Chunks accumulate. Soar already has base-level activation forgetting for procedural memory: rules that never fire lose activation and are eventually forgotten. This handles dead chunks. But BLA can’t handle chunks that are actively wrong. A chunk compiled from stale knowledge fires confidently in a changed world, keeping its activation high.

Two detection mechanisms:

SignalDetectionResponse
Trauma recurrencecount(similar_failures) > 1 — same impasse recurs despite a chunk that should prevent it.Retract chunk, re-enter substate, rechunk.
Reward driftEMA of |ΔQ| spikes after stability. ADWIN: variable-length window, bounded false-positive rate.Flag chunk, re-enter substate, rechunk.

The gate that says “stable enough to compile” is the same gate that says “no longer stable, recompile.” Composition without pruning is another append-only store.

What opens up

The three reliefs above build the drain. Everything below follows as a side effect.

Novel composition. With bounded stores, newly perceived memories compose with old ones. A spatial layout merged from 50 episodes combines with a fresh navigation failure to synthesize an operator proposal that neither would produce alone. Merged semantic entries participate alongside fresh percepts in the elaboration phase. No new mechanism is needed. The elaboration phase, the impasse mechanism, and chunking already do this. They just need a bounded cache to work with.

Wider perception. Derbinsky & Laird’s robot throttled perception because the drain didn’t work (domino 1). R4 restricted what could leave working memory to what was backed up in semantic memory.
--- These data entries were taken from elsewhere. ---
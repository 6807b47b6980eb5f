-- ===== src/BenchRate/Run/Usable.antt =====
-- The connections that a run of BenchRate starts on.
use go_http_benchmark.Prelude.{
  ℕ, suc, ◌≡◌, refl, Bool, true, false, List, [], ◌∷◌, Option, none, some, All, if◌then◌else◌,
}
use go_http_benchmark.BenchRate.Run.{usable, unless_failed}
use go_http_benchmark.Connections.{
  Conn, Attempt, DialError, Dialed, dialed, not_dialed, redial, redialed, dial,
}

abbrev IsWorking : Conn → Type 0
IsWorking c = c.broken ≡ false

redialed-IsWorking :
    (c : Conn) (d : Dialed) → (redialed c d).error ≡ none → IsWorking (redialed c d).conn
redialed-IsWorking c (dialed r) h = refl
redialed-IsWorking c (not_dialed e) h = absurd cc

unless_failed-All :
    (c : Conn) (o : Option DialError) (cs : List Conn)
    → (o ≡ none → IsWorking c)
    → All IsWorking cs
    → All IsWorking (unless_failed c o cs)
unless_failed-All c none cs h hs = (h refl, hs)
unless_failed-All c (some e) cs h hs = hs

if-All :
    (b : Bool) (xs ys : List Conn)
    → (b ≡ true → All IsWorking xs)
    → (b ≡ false → All IsWorking ys)
    → All IsWorking (if b then xs else ys)
if-All true xs ys h k = h refl
if-All false xs ys h k = k refl

-- Whatever comes of the redials, none of the connections that a run starts on is broken.
pub usable-All :
    (network : ℕ → Attempt) (i : ℕ) (cs : List Conn) → All IsWorking (usable network i cs)
unfolding usable redial
usable-All network i [] = tt
usable-All network i (c ∷ cs) =
    let rest = usable-All network (suc i) cs in
    let q = redial c (network i) in
    if-All c.broken (unless_failed q.conn q.error (usable network (suc i) cs))
      (c ∷ usable network (suc i) cs)
      (λ b.
        unless_failed-All q.conn q.error (usable network (suc i) cs)
          (redialed-IsWorking c (dial c.reader.size (network i))) rest)
      (λ b. (b, rest))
With automatic semantic learning, R4’s scope expands. Newly perceived categories get merged into smem, making their WMEs forgettable. The drain opens, so the valve can open. The architecture no longer needs to pre-symbolize everything or “usually ignor[e] frequently changing low-level sensory data” (§7, p.13).
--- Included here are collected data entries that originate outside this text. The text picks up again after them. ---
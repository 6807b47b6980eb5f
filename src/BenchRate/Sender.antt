-- ===== src/BenchRate/Sender.antt =====
-- benchcli-go/benchrate/benchrate.go: one round of a sender over its connections, and the sender
-- and the reader of one connection side by side.
pub mod InFlight
pub mod Rounds
use go_http_benchmark.Prelude.{
  ◌≡◌, ℕ, zero, suc, ◌+◌, ◌-◌, ◌*◌, Bool, true, false, List, [], ◌∷◌, leb, if◌then◌else◌,
}

-- `conn`, as far as the run keeps count of it.
pub record Conn : Type 0 where
  pub send_cnt : ℕ
  pub recv_cnt : ℕ

-- The counters of BenchRate that `doOnce` adds to.
pub record Sent : Type 0 where
  pub send_times : ℕ
  pub send_bytes : ℕ

-- `maxBatchesInFlight`.
abbrev pub max_batches_in_flight : ℕ
max_batches_in_flight = 4

-- `sendCnt - recvCnt >= batch * maxBatchesInFlight`, where the difference may be negative.
abbrev pub is_full : ℕ → Conn → Bool
is_full batch c = leb (c.recv_cnt + batch * max_batches_in_flight) c.send_cnt

abbrev pub sent_on : ℕ → Conn → Conn
sent_on batch c = record c { send_cnt = c.send_cnt + batch }

abbrev pub add_sent : ℕ → ℕ → Sent → Sent
add_sent batch payload s = record {
  send_times = s.send_times + batch;
  send_bytes = s.send_bytes + batch * payload;
}

-- What `doOnce` leaves: the connections, the counters and the writes that it made.
pub record Round : Type 0 where
  pub conns : List Conn
  pub sent : Sent
  pub writes : ℕ

abbrev pub in_front : Conn → Round → Round
in_front c r = record r { conns = c ∷ r.conns }

-- `doOnce`, from the `i`th connection on: `works` says of each connection whether a write to it
-- succeeds; a connection that is full is not written to.
unfoldable pub do_once : ℕ → ℕ → (ℕ → Bool) → ℕ → List Conn → Sent → ℕ → Round
do_once batch payload works i [] s n = record { conns = []; sent = s; writes = n }
do_once batch payload works i (c ∷ cs) s n = elim (is_full batch c) [
  | true ↦ in_front c (do_once batch payload works (suc i) cs s n)
  | false ↦ elim (works i) [
    | true ↦
        in_front (sent_on batch c)
          (do_once batch payload works (suc i) cs (add_sent batch payload s) (suc n))
    | false ↦ in_front c (do_once batch payload works (suc i) cs s n)
  ]
]

-- Where the sender of a connection is: between two rounds, or behind the test that let it write.
pub data Phase : Type 0 where
  idle writing : Phase

pub record State : Type 0 where
  pub conn : Conn
  pub phase : Phase

abbrev at_phase : State → Phase → State
at_phase s p = record s { phase = p }

-- One step of the sender or of the reader of one connection, in any order. The test reads the two
-- counts, the count goes up behind the write, and the reader counts a response at any time.
pub data Step (batch : ℕ) : State → State → Type 0 where
  skip :
      (c : Conn)
      → is_full batch c ≡ true
      → Step batch (record { conn = c; phase = idle }) (record { conn = c; phase = idle })
  test :
      (c : Conn)
      → is_full batch c ≡ false
      → Step batch (record { conn = c; phase = idle }) (record { conn = c; phase = writing })
  wrote :
      (c : Conn)
      → Step batch
          (record { conn = c; phase = writing })
          (record { conn = sent_on batch c; phase = idle })
  not_written :
      (c : Conn)
      → Step batch (record { conn = c; phase = writing }) (record { conn = c; phase = idle })
  answered :
      (c : Conn) (p : Phase)
      → Step batch
          (record { conn = c; phase = p })
          (record { conn = record c { recv_cnt = suc c.recv_cnt }; phase = p })

-- The states that a connection comes to from the start of the run.
pub data Reachable (batch : ℕ) : State → Type 0 where
  start : Reachable batch (record { conn = record { send_cnt = 0; recv_cnt = 0 }; phase = idle })
  step : {s t : State} → Reachable batch s → Step batch s t → Reachable batch t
Filtering between elaboration and selection. A testable hypothesis rather than a known algorithm. Soar’s forward pass treats elaboration and selection as causally dependent phases with no explicit filter between them (§2.2, p.5). A novelty gate (a frequency counter that passes novel WMEs and suppresses redundant ones) could change the architecture’s effective Perceive throughput. The parts bin has the components (change-point detection, truth maintenance); their composition within Soar’s decision cycle is uncharted.

Giving back

The prescription draws from the parts bin. Soar gives back. Six algorithms from Soar’s architecture are now in the parts bin:

AlgorithmParts bin cellWhat it does
RETE networkCache × graphIncremental pattern matching. Processes WME deltas, caches partial match state. Pays for change instead of total knowledge.
Truth maintenanceFilter × graphI-supported structures auto-retract when their creating rule unmatches. Data-driven, no explicit delete.
Staged preferencesAttend × flatReject-first, rank-survivors via run_preference_semantics(). Process prohibit/reject before better/worse/best.
EBC/ChunkingConsolidate × treeBacktrace through dependency tree, identify necessary conditions, compile deliberation into production rule.
Delta-bar-deltaConsolidate × flatPer-production adaptive learning rate. Each rule gets its own alpha, updated on every RL update.
Delta episodic storageRemember × sequenceStore only changes between snapshots. Interval representation for persistent elements.

Based on Laird (2022), “Introduction to the Soar Cognitive Architecture”; Derbinsky & Laird (2013), “Effective and efficient forgetting of learned knowledge”; Casteigts et al. (2019), “Computing Parameters of Sequence-Based Dynamic Graphs”; Rasmussen (2025), “Zep: A Temporal Knowledge Graph Architecture”; the parts bin; the union-find compaction experiment; and the Natural Framework. Written via the double loop.